START DATA RECORDS

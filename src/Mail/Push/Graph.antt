-- ===== src/Mail/Push/Graph.antt =====
-- `enqueue_from_graph_notification` of modules/mail/microsoft_push.py.
pub mod Lost
use mail_control.Base.{
  ℕ, String, Bool, true, false, not, Option, none, some, List, [], ◌∷◌, ◌++◌, same, same_opt,
  find_first, update_first, if◌then◌else◌, truthy, truthy_opt, or_else,
}
use mail_control.Base.Exec.{Result, ok, err}
use mail_control.Mail.Push.Dedupe.{
  DedupeKey, microsoft_graph, SyncJob, PushState, Services, claim_key, publish,
}

-- A row of `microsoft_graph_subscriptions`.
pub record GraphSubscription : Type 0 where
  pub tenant_id : ℕ
  pub mail_account_id : ℕ
  pub subscription_id : Option String
  pub resource : String
  pub client_state : String
  pub expiration_at : Option ℕ
  pub renewed_at : Option ℕ
  pub last_notification_at : Option ℕ
  pub status : String
  pub last_error : Option String

-- The keys of the JSON notification that are read; `resource_data` holds `id` and `@odata.id`, and
-- `text` is `json.dumps` of the whole.
pub record Notification : Type 0 where
  pub subscription_id : Option String
  pub client_state : Option String
  pub resource_data : Option (Option String × Option String)
  pub id : Option String
  pub resource : Option String
  pub lifecycle_event : Option String
  pub text : String

-- The first value that is not empty.
abbrev first_truthy : List (Option String) → String → String
first_truthy [] default = default
first_truthy (none ∷ rest) default = first_truthy rest default
first_truthy (some s ∷ rest) default =
    let later = first_truthy rest default in if truthy s then s else later

abbrev data_ids : Option (Option String × Option String) → List (Option String)
data_ids none = []
data_ids (some (id, odata_id)) = id ∷ odata_id ∷ []

unfoldable pub notification_identity : Notification → String
notification_identity n =
    first_truthy (data_ids n.resource_data ++ n.id ∷ n.resource ∷ n.lifecycle_event ∷ []) n.text

pub record GraphState : Type 0 where
  pub subscriptions : List GraphSubscription
  pub push : PushState

pub data NotificationError : Type 0 where
  missing_subscription unexpected_client_state broker_error : NotificationError

abbrev pub has_id : String → GraphSubscription → Bool
has_id id g = same_opt same g.subscription_id (some id)

abbrev pub notified : ℕ → Notification → GraphSubscription → GraphSubscription
notified now n g = record g {
  last_notification_at = some now;
  last_error = none;
  status = if truthy_opt n.lifecycle_event then or_else n.lifecycle_event String.[] else g.status;
}

abbrev pub sync_job : GraphSubscription → SyncJob
sync_job g = record { tenant_id = g.tenant_id; mail_account_id = g.mail_account_id }

module _ (env : Services) (n : Notification) where
  -- After the checks. An error is not committed, but a key in Redis stays.
  deliver : String → GraphSubscription → GraphState → Result NotificationError Bool × GraphState
  deliver id g s =
      let key = microsoft_graph id (notification_identity n) in
      let (claimed, push) = claim_key env key s.push in
      let rows = update_first (has_id id) (notified env.now n) s.subscriptions in
      if not claimed
      then (ok false, record s { subscriptions = rows; push = push })
      else if env.broker_takes (sync_job g)
      then (ok true, record { subscriptions = rows; push = publish (sync_job g) push })
      else (err broker_error, record s { push = push })

  on_subscription :
      String → Option GraphSubscription → GraphState → Result NotificationError Bool × GraphState
  unfolding deliver
  on_subscription id none s = (ok false, s)
  on_subscription id (some g) s =
      if same_opt same n.client_state (some g.client_state)
      then deliver id g s
      else (err unexpected_client_state, s)

  on_id : Option String → GraphState → Result NotificationError Bool × GraphState
  unfolding on_subscription
  on_id none s = (err missing_subscription, s)
  on_id (some id) s =
      if truthy id
      then on_subscription id (find_first (has_id id) s.subscriptions) s
      else (err missing_subscription, s)

  unfoldable pub enqueue_from_graph_notification :
      GraphState → Result NotificationError Bool × GraphState
  unfolding on_id
  enqueue_from_graph_notification s = on_id n.subscription_id s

END DATA RECORDS

EXERCISE:
Could you report how many lines in the data above include the word "antt"? Give the number and nothing more.

OUTPUT FOR THIS EXERCISE:
2